La gagnante de l'émission de télé-réalité alémanique MusicStar crie son amour pour Dieu.

(Keystone)

Incertitude face à l’avenir, faillite du modèle consumériste, besoin de suivre une ligne et de s’identifier à un groupe.

Le temps où la religion était jugée «pas cool» est révolu. Les jeunes se tournent à nouveau vers Dieu, mais restent souvent hors des Eglises traditionnelles.

«Or, un jeune homme nommé Eutychus, qui était assis sur la fenêtre, s'endormit profondément pendant le long discours de Paul; entraîné par le sommeil, il tomba du troisième étage en bas, et il fut relevé mort.»

En réalité, selon l’Evangile, le jeune Eutychus était seulement évanoui. Il a survécu. Une métaphore qui peut servir aujourd’hui encore pour illustrer le risque qu’encourent les Eglises traditionnelles face à une concurrence acharnée.

Attirer le fidèle

«Pour vendre la foi, les nouvelles Eglises n’hésitent pas à engager des moyens peu conventionnels», observe le sociologue de la religion Jörg Stolz.

Cela dit, les Eglises traditionnelles ont de tous temps utilisé le spectaculaire et le grandiose pour attirer les fidèles. Il suffit de penser à l’architecture des cathédrales gothiques et des églises baroques ou encore la musique.

Mais rien de révolutionnaire tout de même. Si le Pape a participé à quelques concerts rock durant les rassemblements de jeunes, la structure de la liturgie catholique reste plutôt classique.

En revanche, certaines Eglises placent la musique au cœur-même de la célébration. Le prêtre devient prédicateur. La chaire se transforme en scène.

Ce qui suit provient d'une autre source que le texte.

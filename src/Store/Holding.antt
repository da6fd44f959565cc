-- ===== src/Store/Holding.antt =====
-- A store outside of a reorg, in src/db/pg.rs: the chain that it holds is that of the database with
-- the queued batches and the collected blocks on top.
use rust_bitcoin_indexer.Base.{
  ℕ, ◌+◌, ◌<◌, false, arith, All, All-map, ◌≡◌, ◌∙◌, sym, ap, subst, refl, inl, inr, Option, none,
  some, List, [], ◌∷◌, ◌++◌, append-nil, append_assoc, map, ◌==◌, Bool-cases, length,
}
use mathlib.Core.List.{map-append}
use rust_bitcoin_indexer.Base.Outcome.{ok, assert, >>=-eq-ok, subst_ok}
use rust_bitcoin_indexer.Types.{BlockHash}
use rust_bitcoin_indexer.Bitcoin.{BlockData, Network}
use rust_bitcoin_indexer.Db.{Db, BlockRow}
use rust_bitcoin_indexer.Db.Current.{push_all, IsChain, insert_blocks-IsChain}
use rust_bitcoin_indexer.Format.{normal, block_row}
use rust_bitcoin_indexer.Store.{
  Pipeline, IndexerStore, block_ids, drain, stop_workers, start_workers, flush_batch, flush_workers,
  same_mode, set_schema_to_mode, set_mode_unconditionally, set_mode,
}
use rust_bitcoin_indexer.Store.Coherent.{IsCoherent}
use rust_bitcoin_indexer.Store.Batch.{AreNew, hashes-block_rows, length-block_rows, below-append}
use rust_bitcoin_indexer.Store.Queue.{
  batches, batches-append, push_block_ids-append, length-push_block_ids, AreNew-split,
  drain-Drained,
}

abbrev pub queued : Option Pipeline → List BlockData
queued none = []
queued (some w) = batches w.queue

-- The blocks that are not yet written, in order.
abbrev pub waiting : IndexerStore → List BlockData
waiting s = queued s.pipeline ++ s.batch

pub record IsHolding (s : IndexerStore) (rows : List BlockRow) (c : List BlockHash) : Type 0 where
  pub base : List BlockHash
  pub coherent : IsCoherent (length base) s.db base
  pub new : AreNew (length base) (waiting s) s.db.block
  pub view : push_all (block_ids (waiting s)) base ≡ c
  pub counted : s.chain_block_count ≡ length c
  pub settled : s.pending_reorg ≡ []
  -- The rows of the table and of the blocks that are not yet written.
  pub known : s.db.block ++ map block_row (waiting s) ≡ rows

-- A store with nothing waiting has its whole chain in the database.
pub IsHolding-written :
    (s : IndexerStore) (rows : List BlockRow) (c : List BlockHash)
    → IsHolding s rows c
    → waiting s ≡ []
    → IsCoherent (length c) s.db c
IsHolding-written s rows c k e =
    let same : k.base ≡ c =
      ap (λ (l : List BlockData). push_all (block_ids l) k.base) (sym e) ∙ k.view in
    subst (λ (l : List BlockHash). IsCoherent (length l) s.db l) same k.coherent

-- The rows, those of the waiting blocks among them, have the chain.
pub IsHolding-IsChain :
    (s : IndexerStore) (rows : List BlockRow) (c : List BlockHash)
    → IsHolding s rows c
    → IsChain rows c
IsHolding-IsChain s rows c k =
    subst (λ l. IsChain l c) k.known
      (subst (IsChain (s.db.block ++ map block_row (waiting s)))
        (ap (λ l. push_all l k.base) (hashes-block_rows (waiting s)) ∙ k.view)
        (insert_blocks-IsChain false (map block_row (waiting s)) s.db.block k.base k.new
          k.coherent.current).1)

-- Every row stands below the tip of the chain.
pub IsHolding-below :
    (s : IndexerStore) (rows : List BlockRow) (c : List BlockHash)
    → IsHolding s rows c
    → All (λ row. row.height < length c) rows
IsHolding-below s rows c k =
    let tall : length (waiting s) + length k.base ≡ length c =
      sym (length-push_block_ids (waiting s) k.base) ∙ ap length k.view in
    subst (All (λ row. row.height < length c)) k.known (
      below-append (length c) (length k.base) (map block_row (waiting s)) s.db.block k.new
        (omega (arith, tall, length-block_rows (waiting s)))
        (All-map _ (λ row h. omega (arith, tall)) s.db.block k.coherent.below))

-- Handing the batch to the queue changes neither the waiting blocks nor the chain.
flush_batch_fields :
    (s s' : IndexerStore) (rows : List BlockRow) (c : List BlockHash) (batch : List BlockData)
    (pipeline : Option Pipeline)
    → IsHolding (record s { batch = batch; pipeline = pipeline }) rows c
    → flush_batch (record s { batch = batch; pipeline = pipeline }) ≡ ok s'
    → IsHolding s' rows c × (s'.batch ≡ [])
unfolding flush_batch
flush_batch_fields s s' rows c [] pipeline k e =
    subst_ok (λ (x : IndexerStore). IsHolding x rows c × (x.batch ≡ [])) e (k, refl)
flush_batch_fields s s' rows c (b ∷ bs) none k e = cc
flush_batch_fields s s' rows c (b ∷ bs) (some w) k e =
    subst_ok (λ (x : IndexerStore). IsHolding x rows c × (x.batch ≡ [])) e
      (
        record {
          base = k.base;
          coherent = k.coherent;
          new = rw moved k.new;
          view = rw moved k.view;
          counted = k.counted;
          settled = k.settled;
          known = rw moved k.known;
        },
        refl,
      )
  where
    moved : batches (w.queue ++ (s.batch_id, b ∷ bs) ∷ []) ++ [] ≡ batches w.queue ++ b ∷ bs
    moved = append-nil _ ∙ batches-append w.queue s.batch_id (b ∷ bs)

pub flush_batch-IsHolding :
    (s s' : IndexerStore) (rows : List BlockRow) (c : List BlockHash)
    → IsHolding s rows c
    → flush_batch s ≡ ok s'
    → IsHolding s' rows c × (s'.batch ≡ [])
flush_batch-IsHolding s s' rows c k e = flush_batch_fields s s' rows c s.batch s.pipeline k e

-- The store after the workers were stopped.
abbrev pub IsStopped : IndexerStore → IndexerStore → List BlockRow → List BlockHash → Type 0
IsStopped s x rows c = IsHolding x rows c × (x.pipeline ≡ none) × (x.batch ≡ s.batch)

module _ (address : Network → ℕ → Option ℕ) where
  stop_workers_fields :
      (s s' : IndexerStore) (rows : List BlockRow) (c : List BlockHash) (pipeline : Option Pipeline)
      → IsHolding (record s { pipeline = pipeline }) rows c
      → stop_workers address (record s { pipeline = pipeline }) ≡ ok s'
      → IsStopped s s' rows c
  unfolding stop_workers
  stop_workers_fields s s' rows c none k e =
      let (_, _, e1) = >>=-eq-ok (assert (length s.in_flight == 0)) _ e in
      subst_ok (λ x. IsStopped s x rows c) e1 (k, refl, refl)
  stop_workers_fields s s' rows c (some w) k e =
      let (left, e1, k1) =
        >>=-eq-ok (drain address w.mode w.network w.queue w.cache s.db s.in_flight) _ e in
      let (_, _, k2) = >>=-eq-ok (assert (length left.1 == 0)) _ k1 in
      let parts = AreNew-split (length k.base) (batches w.queue) s.batch s.db.block k.new in
      let d =
        drain-Drained address w.mode w.network w.queue w.cache s.db left.0 s.in_flight left.1 k.base
          k.coherent parts.0 e1 in
      let tall = length-push_block_ids (batches w.queue) k.base in
      subst_ok (λ x. IsStopped s x rows c) k2
        (
          record {
            base = push_all (block_ids (batches w.queue)) k.base;
            coherent = rw tall d.coherent;
            new = rw (tall, d.rows) parts.1;
            view = sym (push_block_ids-append (batches w.queue) s.batch k.base) ∙ k.view;
            counted = k.counted;
            settled = k.settled;
            known =
                rw
                  (
                    d.rows,
                    append_assoc s.db.block (map block_row (batches w.queue))
                        (map block_row s.batch),
                    ← map-append,
                  )
                  k.known;
          },
          refl,
          refl,
        )

  -- Stopping the workers writes the queue, and the chain stays the same.
  pub stop_workers-IsHolding :
      (s s' : IndexerStore) (rows : List BlockRow) (c : List BlockHash)
      → IsHolding s rows c
      → stop_workers address s ≡ ok s'
      → IsStopped s s' rows c
  stop_workers-IsHolding s s' rows c k e = stop_workers_fields s s' rows c s.pipeline k e

pub start_workers-IsHolding :
    (s : IndexerStore) (rows : List BlockRow) (c : List BlockHash)
    → s.pipeline ≡ none
    → IsHolding s rows c
    → IsHolding (start_workers s) rows c
unfolding start_workers
start_workers-IsHolding s rows c stopped k = record {
  base = k.base;
  coherent = k.coherent;
  new = rw stopped at k.new;
  view = rw stopped at k.view;
  counted = k.counted;
  settled = k.settled;
  known = rw stopped at k.known;
}

module _ (address : Network → ℕ → Option ℕ) where
  flush_workers_fields :
      (s s' : IndexerStore) (rows : List BlockRow) (c : List BlockHash) (pipeline : Option Pipeline)
      → IsHolding (record s { pipeline = pipeline }) rows c
      → flush_workers address (record s { pipeline = pipeline }) ≡ ok s'
      → IsHolding s' rows c
  unfolding flush_workers
  flush_workers_fields s s' rows c none k e = subst_ok (λ x. IsHolding x rows c) e k
  flush_workers_fields s s' rows c (some w) k e =
      let (flushed, e1, k1) = >>=-eq-ok (flush_batch (record s { pipeline = some w })) _ e in
      let (held, _) = flush_batch-IsHolding (record s { pipeline = some w }) flushed rows c k e1 in
      elim (Bool-cases (length flushed.in_flight == 0)) [
        | inl idle ↦ subst_ok (λ x. IsHolding x rows c) (rw idle at k1) held
        | inr busy ↦
            let (stopped, e2, k2) = >>=-eq-ok (stop_workers address flushed) _ (rw busy at k1) in
            let done = stop_workers-IsHolding address flushed stopped rows c held e2 in
            subst_ok (λ x. IsHolding x rows c) k2
              (start_workers-IsHolding stopped rows c done.1 done.0)
      ]

  -- Waiting for the workers keeps the chain.
  pub flush_workers-IsHolding :
      (s s' : IndexerStore) (rows : List BlockRow) (c : List BlockHash)
      → IsHolding s rows c
      → flush_workers address s ≡ ok s'
      → IsHolding s' rows c
  flush_workers-IsHolding s s' rows c k e = flush_workers_fields s s' rows c s.pipeline k e

  set_schema_to_mode-normal :
      (db db' : Db) → set_schema_to_mode address normal db ≡ ok db' → db ≡ db'
  unfolding set_schema_to_mode
  set_schema_to_mode-normal db db' e = ground arith

  -- Entering the normal mode keeps the chain.
  pub set_mode-IsHolding :
      (s s' : IndexerStore) (rows : List BlockRow) (c : List BlockHash)
      → IsHolding s rows c
      → set_mode address normal s ≡ ok s'
      → IsHolding s' rows c
  unfolding set_mode set_mode_unconditionally
  set_mode-IsHolding s s' rows c k e = elim (Bool-cases (same_mode s.mode normal)) [
    | inl same ↦ subst_ok (λ x. IsHolding x rows c) (rw same at e) k
    | inr other ↦
        let (flushed, e1, k1) =
          >>=-eq-ok (flush_workers address (record s { mode = normal })) _ (rw other at e) in
        let held =
          flush_workers-IsHolding (record s { mode = normal }) flushed rows c
            (record {
              base = k.base;
              coherent = k.coherent;
              new = k.new;
              view = k.view;
              counted = k.counted;
              settled = k.settled;
              known = k.known;
            })
            e1 in
        let (db, e2, k2) = >>=-eq-ok (set_schema_to_mode address normal flushed.db) _ k1 in
        let k3 = rw (sym (set_schema_to_mode-normal flushed.db db e2)) at k2 in
        subst_ok (λ x. IsHolding x rows c) k3
          (record {
            base = held.base;
            coherent = record {
              current = held.coherent.current;
              unique = held.coherent.unique;
              in_range = held.coherent.in_range;
              below = held.coherent.below;
              log = held.coherent.log;
            };
            new = held.new;
            view = held.view;
            counted = held.counted;
            settled = held.settled;
            known = held.known;
          })
  ]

En Suisse, c’est le cas notamment de l’International Christian Fellowship (ICF), une Eglise libre dérivée du fondamentalisme évangélique américain. L’un des «produits» à succès de la scène religieuse, selon Jörg Stolz.

Séduire les jeunes

«La Bible reste notre référence. Ce qui change, c’est le style de la présentation, moderne et attractive, explique Daniel Linder, porte-parole de l’ICF. Nous voulons attirer les personnes qui ne vont pas à l’église ou qui n’y vont plus parce qu’elles la jugent dépassée.»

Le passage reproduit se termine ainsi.